⟨

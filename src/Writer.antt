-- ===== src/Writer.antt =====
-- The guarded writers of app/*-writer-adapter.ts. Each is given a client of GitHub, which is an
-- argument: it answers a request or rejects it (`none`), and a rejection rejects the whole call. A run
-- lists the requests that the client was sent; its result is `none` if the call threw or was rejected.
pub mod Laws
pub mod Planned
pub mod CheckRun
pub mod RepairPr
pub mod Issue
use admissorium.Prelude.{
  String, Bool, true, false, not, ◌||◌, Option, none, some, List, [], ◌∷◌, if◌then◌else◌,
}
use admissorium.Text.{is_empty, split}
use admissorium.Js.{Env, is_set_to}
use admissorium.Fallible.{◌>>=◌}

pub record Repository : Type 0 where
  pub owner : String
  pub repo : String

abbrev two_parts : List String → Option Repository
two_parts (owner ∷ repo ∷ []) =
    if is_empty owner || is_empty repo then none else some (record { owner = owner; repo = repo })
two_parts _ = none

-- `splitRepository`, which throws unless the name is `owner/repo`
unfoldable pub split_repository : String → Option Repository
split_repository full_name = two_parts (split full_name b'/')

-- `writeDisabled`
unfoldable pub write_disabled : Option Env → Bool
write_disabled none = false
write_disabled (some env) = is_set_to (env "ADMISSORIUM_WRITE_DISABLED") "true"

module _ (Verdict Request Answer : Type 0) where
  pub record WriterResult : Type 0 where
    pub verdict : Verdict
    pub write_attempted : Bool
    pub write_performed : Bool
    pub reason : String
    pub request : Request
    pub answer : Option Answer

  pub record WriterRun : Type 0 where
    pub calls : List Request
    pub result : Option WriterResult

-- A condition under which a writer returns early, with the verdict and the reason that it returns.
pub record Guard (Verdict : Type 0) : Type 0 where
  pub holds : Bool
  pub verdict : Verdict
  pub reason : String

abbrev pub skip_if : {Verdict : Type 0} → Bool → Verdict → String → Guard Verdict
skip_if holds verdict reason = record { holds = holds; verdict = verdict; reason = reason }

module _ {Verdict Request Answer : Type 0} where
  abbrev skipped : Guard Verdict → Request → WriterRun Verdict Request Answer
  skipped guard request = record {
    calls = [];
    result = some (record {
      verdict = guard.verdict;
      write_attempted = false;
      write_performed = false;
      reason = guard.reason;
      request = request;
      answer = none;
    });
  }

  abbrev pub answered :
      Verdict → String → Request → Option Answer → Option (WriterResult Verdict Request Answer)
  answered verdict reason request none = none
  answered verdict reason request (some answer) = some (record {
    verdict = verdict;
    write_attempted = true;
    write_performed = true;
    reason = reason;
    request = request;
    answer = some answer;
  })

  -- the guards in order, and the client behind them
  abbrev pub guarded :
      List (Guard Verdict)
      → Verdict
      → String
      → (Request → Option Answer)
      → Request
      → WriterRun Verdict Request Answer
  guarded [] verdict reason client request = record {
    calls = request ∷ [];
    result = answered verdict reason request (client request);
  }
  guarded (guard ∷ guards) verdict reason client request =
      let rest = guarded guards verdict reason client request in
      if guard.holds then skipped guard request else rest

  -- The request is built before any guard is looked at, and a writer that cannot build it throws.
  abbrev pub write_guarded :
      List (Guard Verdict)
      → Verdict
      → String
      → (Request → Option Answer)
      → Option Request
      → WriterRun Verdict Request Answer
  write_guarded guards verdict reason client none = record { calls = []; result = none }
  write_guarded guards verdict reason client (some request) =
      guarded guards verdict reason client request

⟩

● **DIRECTIONS**
Referring to the material above, set down exactly the lines between the line with "abbrev skipped : Guard" and the line with "calls = request ∷ [];", inclusive, and no other lines.

● **WRITTEN REPLY**
  abbrev skipped : Guard Verdict → Request → WriterRun Verdict Request Answer
  skipped guard request = record {
    calls = [];
    result = some (record {
      verdict = guard.verdict;
      write_attempted = false;
      write_performed = false;
      reason = guard.reason;
      request = request;
      answer = none;
    });
  }

  abbrev pub answered :
      Verdict → String → Request → Option Answer → Option (WriterResult Verdict Request Answer)
  answered verdict reason request none = none
  answered verdict reason request (some answer) = some (record {
    verdict = verdict;
    write_attempted = true;
    write_performed = true;
    reason = reason;
    request = request;
    answer = some answer;
  })

  -- the guards in order, and the client behind them
  abbrev pub guarded :
      List (Guard Verdict)
      → Verdict
      → String
      → (Request → Option Answer)
      → Request
      → WriterRun Verdict Request Answer
  guarded [] verdict reason client request = record {
    calls = request ∷ [];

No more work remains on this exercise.